# Wyndham glacier canyon Wisconsin dells feb 3(1 night) 3 bedroom



## sb2313 (Jan 26, 2016)

Looking to add this one night onto our stay so was hoping someone that doesn't have to pay for guest certificates/house keeping could help me with this. Please pm if you can help! Room shows as available as of now


----------



## sb2313 (Jan 29, 2016)

Still would like this if anyone can help. Please pm


----------



## sb2313 (Feb 2, 2016)

Still need for tomorrow if anyone that doesn't get hit with housekeeping charges/guest certificate can help!


----------



## vacationhopeful (Feb 2, 2016)

Did not know of the weather forecast ... best of luck!


----------



## sb2313 (Feb 2, 2016)

I'm just looking to add one night tomorrow night tomorrow as we're getting 6-10 inches of snow today/tonight and then 40mph winds tomorrow.
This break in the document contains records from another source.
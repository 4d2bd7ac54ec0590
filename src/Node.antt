-- ===== src/Node.antt =====
-- tinyFaaS-ext/pkg/cluster/types.go: the nodes of the cluster and their life cycle.
use yuliya_bachelorarbeit.Base.{ℕ, ℤ, pos, Bool, true, false, String}

-- `NodeStatus` is a string type with four constants. `unset` is the empty string, which a
-- configuration that names no status leaves; `other` is any further text a configuration may hold.
pub data NodeStatus : Type 0 where
  unset sleeping waking active dead : NodeStatus
  other : String → NodeStatus

-- The comparisons of a status with a constant.
abbrev pub is_unset : NodeStatus → Bool
is_unset unset = true
is_unset _ = false

abbrev pub is_sleeping : NodeStatus → Bool
is_sleeping sleeping = true
is_sleeping _ = false

abbrev pub is_waking : NodeStatus → Bool
is_waking waking = true
is_waking _ = false

abbrev pub is_active : NodeStatus → Bool
is_active active = true
is_active _ = false

abbrev pub is_dead : NodeStatus → Bool
is_dead dead = true
is_dead _ = false

-- Times are nanoseconds from the zero `time.Time`, which is 0.
pub record Node : Type 0 where
  pub id : String
  pub address : String
  pub manager_address : String
  pub relay_uid : String
  pub channel : ℤ
  pub status : NodeStatus
  pub load : ℤ
  pub last_used : ℕ
  pub dead_since : ℕ
  pub local : Bool
  pub dispatch_only : Bool

-- `Node{}`
abbrev pub zero_node : Node
zero_node = record {
  id = "";
  address = "";
  manager_address = "";
  relay_uid = "";
  channel = pos 0;
  status = unset;
  load = pos 0;
  last_used = 0;
  dead_since = 0;
  local = false;
  dispatch_only = false;
}
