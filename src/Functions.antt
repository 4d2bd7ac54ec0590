-- ===== src/Functions.antt =====
-- tinyFaaS-ext/pkg/cluster/functions.go: the functions that a woken node must be given.
use yuliya_bachelorarbeit.Base.{ℕ, ℤ, String, List, []}
use yuliya_bachelorarbeit.Base.Dict.{Dict, insert, remove}

-- `Zip` is its bytes.
pub record FunctionDef : Type 0 where
  pub env : String
  pub threads : ℤ
  pub envs : Dict String
  pub zip : List ℕ

pub record FunctionStore : Type 0 where
  pub funcs : Dict FunctionDef

abbrev pub new_function_store : FunctionStore
new_function_store = record { funcs = [] }

unfoldable pub set_function : String → FunctionDef → FunctionStore → FunctionStore
unfolding insert
set_function name def s = record s { funcs = insert name def s.funcs }

unfoldable pub remove_function : String → FunctionStore → FunctionStore
unfolding remove
remove_function name s = record s { funcs = remove name s.funcs }

-- The copy that `All` makes.
unfoldable pub all : FunctionStore → Dict FunctionDef
all s = s.funcs
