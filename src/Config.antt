-- ===== src/Config.antt =====
-- tinyFaaS-ext/pkg/cluster/config.go: the policy of the controller and the cluster topology.
pub mod Topology
pub mod Env
use yuliya_bachelorarbeit.Base.{ℕ, ◌*◌, ℤ, pos, Bool, true}

-- Durations are in nanoseconds.
pub record ControllerConfig : Type 0 where
  pub enabled : Bool
  pub idle_timeout : ℤ
  pub check_interval : ℤ
  pub min_active_nodes : ℤ
  pub load_threshold : ℤ
  pub dead_retry : ℤ

abbrev pub default_controller_config : ControllerConfig
default_controller_config = record {
  enabled = true;
  idle_timeout = pos 60000000000;
  check_interval = pos 10000000000;
  min_active_nodes = pos 1;
  load_threshold = pos 10;
  dead_retry = pos 300000000000;
}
Not really fun driving conditions. alrewdy in 3 bedroom deluxe, that's the reason for the request and have only recieved offers in the 250-300$ range for the one night so far.


----------



## rapmarks (Feb 2, 2016)

oh the weather sounds terrible.  wish I could help you.  maybe someone from bluegreen could help at Christmas Mountain


----------



## Normita (Feb 2, 2016)

Check your inbox.  I sent you a PM last week and about half an hour ago, offering you the 3 BR unit.


----------